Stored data
_ _ _ _ _ _ _
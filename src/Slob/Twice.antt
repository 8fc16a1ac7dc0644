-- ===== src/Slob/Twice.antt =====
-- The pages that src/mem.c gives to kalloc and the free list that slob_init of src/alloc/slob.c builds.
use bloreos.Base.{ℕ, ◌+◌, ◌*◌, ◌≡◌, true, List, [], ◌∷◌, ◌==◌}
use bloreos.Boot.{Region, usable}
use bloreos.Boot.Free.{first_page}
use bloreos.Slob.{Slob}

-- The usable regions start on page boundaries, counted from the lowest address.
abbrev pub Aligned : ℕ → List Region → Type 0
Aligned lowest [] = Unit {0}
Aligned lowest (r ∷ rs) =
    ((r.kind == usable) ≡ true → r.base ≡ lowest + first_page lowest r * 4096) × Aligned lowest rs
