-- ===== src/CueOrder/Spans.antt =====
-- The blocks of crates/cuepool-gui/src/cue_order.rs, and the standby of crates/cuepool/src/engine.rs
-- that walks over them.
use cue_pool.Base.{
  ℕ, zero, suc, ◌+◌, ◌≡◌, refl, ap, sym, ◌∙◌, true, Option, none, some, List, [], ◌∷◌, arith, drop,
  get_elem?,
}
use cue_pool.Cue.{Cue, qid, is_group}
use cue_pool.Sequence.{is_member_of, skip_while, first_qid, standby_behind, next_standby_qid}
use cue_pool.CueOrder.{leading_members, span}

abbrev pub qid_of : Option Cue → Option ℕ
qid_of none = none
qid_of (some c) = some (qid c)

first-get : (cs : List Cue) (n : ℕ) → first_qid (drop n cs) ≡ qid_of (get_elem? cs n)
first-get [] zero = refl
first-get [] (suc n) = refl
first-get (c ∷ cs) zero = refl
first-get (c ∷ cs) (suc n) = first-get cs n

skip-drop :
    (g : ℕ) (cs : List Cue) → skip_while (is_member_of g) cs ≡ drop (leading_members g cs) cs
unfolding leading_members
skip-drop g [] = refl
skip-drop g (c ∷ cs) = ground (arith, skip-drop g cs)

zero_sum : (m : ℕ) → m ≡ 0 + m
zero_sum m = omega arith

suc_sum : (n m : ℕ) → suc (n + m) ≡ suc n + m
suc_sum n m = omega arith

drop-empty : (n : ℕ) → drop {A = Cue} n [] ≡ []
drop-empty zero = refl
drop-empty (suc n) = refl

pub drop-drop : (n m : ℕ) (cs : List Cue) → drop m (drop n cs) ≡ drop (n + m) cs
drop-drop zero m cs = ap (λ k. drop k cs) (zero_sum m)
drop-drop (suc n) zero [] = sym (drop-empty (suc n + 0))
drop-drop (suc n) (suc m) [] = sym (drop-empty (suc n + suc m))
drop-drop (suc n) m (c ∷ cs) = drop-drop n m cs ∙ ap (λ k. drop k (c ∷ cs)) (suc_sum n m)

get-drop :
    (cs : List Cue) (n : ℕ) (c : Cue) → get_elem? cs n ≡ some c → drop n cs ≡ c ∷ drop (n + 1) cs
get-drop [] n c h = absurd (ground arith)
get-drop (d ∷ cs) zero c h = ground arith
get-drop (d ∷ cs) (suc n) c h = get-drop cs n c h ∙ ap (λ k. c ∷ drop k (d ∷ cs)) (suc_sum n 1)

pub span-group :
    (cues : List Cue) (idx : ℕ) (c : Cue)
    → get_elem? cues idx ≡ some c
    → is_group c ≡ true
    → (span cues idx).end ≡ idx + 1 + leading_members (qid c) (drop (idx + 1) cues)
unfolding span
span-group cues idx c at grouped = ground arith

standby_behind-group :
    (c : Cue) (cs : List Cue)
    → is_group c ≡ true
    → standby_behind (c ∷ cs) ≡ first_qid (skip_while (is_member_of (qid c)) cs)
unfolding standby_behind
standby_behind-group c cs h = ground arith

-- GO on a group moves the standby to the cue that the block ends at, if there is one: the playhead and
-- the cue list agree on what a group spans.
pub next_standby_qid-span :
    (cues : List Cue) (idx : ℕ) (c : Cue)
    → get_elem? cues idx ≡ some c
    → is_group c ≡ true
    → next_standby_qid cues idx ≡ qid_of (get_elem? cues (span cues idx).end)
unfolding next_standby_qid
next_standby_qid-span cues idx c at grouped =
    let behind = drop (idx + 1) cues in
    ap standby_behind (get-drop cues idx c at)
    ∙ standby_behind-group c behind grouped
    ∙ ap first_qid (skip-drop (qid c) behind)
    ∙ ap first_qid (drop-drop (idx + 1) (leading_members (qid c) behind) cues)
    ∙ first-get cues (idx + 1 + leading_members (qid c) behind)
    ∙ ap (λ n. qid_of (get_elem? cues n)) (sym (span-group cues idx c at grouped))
_ _ _ _ _ _ _
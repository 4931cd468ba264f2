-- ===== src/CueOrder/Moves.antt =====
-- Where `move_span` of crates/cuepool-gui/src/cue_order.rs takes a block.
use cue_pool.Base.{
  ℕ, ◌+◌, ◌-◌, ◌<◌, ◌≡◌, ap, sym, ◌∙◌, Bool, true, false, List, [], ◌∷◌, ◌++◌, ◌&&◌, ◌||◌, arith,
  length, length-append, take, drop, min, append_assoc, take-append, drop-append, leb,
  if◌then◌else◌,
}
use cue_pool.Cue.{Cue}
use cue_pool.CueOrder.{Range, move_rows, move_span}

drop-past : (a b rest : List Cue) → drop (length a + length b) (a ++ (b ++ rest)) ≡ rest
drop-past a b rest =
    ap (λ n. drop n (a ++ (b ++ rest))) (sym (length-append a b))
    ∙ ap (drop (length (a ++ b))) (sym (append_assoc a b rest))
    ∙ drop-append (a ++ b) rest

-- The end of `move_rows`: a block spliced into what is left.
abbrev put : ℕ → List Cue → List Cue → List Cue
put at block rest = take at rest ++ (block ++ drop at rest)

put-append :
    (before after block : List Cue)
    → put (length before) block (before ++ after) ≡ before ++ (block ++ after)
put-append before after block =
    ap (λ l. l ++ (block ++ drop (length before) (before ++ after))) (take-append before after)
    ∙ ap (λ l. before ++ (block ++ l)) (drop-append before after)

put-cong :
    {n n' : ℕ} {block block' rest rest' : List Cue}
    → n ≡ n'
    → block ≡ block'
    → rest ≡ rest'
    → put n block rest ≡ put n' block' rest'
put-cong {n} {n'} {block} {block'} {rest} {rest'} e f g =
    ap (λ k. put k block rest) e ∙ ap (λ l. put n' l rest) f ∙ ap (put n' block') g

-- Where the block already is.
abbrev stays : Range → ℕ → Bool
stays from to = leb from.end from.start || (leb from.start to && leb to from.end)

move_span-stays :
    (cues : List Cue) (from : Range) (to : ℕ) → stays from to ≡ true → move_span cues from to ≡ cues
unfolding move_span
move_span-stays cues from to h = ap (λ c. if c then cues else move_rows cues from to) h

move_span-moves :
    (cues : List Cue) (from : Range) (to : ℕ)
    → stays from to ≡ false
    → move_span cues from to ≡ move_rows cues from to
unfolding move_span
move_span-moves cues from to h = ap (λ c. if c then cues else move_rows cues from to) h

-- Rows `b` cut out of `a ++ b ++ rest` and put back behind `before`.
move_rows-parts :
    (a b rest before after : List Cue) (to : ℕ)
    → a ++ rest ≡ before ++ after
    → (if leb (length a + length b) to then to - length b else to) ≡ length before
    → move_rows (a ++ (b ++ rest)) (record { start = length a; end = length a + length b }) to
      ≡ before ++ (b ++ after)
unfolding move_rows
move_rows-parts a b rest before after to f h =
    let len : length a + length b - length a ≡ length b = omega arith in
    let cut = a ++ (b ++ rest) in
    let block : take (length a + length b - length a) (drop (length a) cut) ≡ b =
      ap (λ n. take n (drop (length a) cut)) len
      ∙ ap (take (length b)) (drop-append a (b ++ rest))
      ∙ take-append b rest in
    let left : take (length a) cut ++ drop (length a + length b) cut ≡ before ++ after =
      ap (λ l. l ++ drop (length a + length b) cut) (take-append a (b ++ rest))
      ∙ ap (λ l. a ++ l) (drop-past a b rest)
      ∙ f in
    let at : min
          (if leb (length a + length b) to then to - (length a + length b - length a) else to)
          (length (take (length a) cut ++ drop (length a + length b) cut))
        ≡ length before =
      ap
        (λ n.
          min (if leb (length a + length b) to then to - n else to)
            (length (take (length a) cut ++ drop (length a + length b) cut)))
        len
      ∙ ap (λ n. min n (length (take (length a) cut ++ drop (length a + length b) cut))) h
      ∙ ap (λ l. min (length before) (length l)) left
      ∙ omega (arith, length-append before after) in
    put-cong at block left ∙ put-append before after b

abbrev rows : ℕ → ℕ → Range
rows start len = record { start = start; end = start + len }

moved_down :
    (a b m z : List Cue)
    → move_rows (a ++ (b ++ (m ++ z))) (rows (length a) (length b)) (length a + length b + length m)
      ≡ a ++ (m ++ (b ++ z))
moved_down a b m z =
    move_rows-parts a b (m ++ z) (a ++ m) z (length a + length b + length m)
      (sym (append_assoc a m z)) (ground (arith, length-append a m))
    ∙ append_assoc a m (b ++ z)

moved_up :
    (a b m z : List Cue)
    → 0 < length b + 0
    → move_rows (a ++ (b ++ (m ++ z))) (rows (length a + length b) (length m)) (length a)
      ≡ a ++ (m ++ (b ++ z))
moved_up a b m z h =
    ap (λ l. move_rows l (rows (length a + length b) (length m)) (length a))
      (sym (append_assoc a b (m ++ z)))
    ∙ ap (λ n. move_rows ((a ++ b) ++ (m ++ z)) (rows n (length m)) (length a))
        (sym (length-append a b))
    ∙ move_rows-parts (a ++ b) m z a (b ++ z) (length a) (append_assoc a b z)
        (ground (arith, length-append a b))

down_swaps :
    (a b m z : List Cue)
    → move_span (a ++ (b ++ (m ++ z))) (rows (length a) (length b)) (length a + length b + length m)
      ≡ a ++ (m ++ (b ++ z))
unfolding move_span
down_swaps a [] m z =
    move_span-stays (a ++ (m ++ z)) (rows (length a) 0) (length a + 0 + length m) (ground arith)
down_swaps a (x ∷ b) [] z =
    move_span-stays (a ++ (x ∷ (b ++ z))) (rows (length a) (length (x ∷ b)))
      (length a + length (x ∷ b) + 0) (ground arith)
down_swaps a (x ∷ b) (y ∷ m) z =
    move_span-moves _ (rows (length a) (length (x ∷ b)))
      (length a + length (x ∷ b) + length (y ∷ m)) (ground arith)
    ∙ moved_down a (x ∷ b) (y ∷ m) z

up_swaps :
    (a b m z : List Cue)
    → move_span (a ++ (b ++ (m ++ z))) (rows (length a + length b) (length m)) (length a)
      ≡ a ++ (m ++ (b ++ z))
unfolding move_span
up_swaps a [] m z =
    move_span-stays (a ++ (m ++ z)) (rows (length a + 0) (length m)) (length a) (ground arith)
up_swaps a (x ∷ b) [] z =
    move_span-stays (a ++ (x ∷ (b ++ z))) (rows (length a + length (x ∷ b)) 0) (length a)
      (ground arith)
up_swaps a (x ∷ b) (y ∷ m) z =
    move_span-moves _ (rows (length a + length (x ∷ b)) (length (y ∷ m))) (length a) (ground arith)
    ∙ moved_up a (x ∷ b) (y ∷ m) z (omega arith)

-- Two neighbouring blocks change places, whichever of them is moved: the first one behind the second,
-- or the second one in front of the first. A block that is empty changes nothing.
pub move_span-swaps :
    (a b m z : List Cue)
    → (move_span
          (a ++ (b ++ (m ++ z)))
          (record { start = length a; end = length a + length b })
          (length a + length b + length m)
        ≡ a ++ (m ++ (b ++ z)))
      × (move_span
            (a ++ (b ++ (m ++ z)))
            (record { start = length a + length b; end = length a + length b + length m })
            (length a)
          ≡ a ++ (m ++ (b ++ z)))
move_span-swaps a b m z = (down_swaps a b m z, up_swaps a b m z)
_ _ _ _ _ _ _
> _BRIEF_: Answer with a number only. How many lines in the records include the word "refl"?

> _SOLUTION BELOW_: 7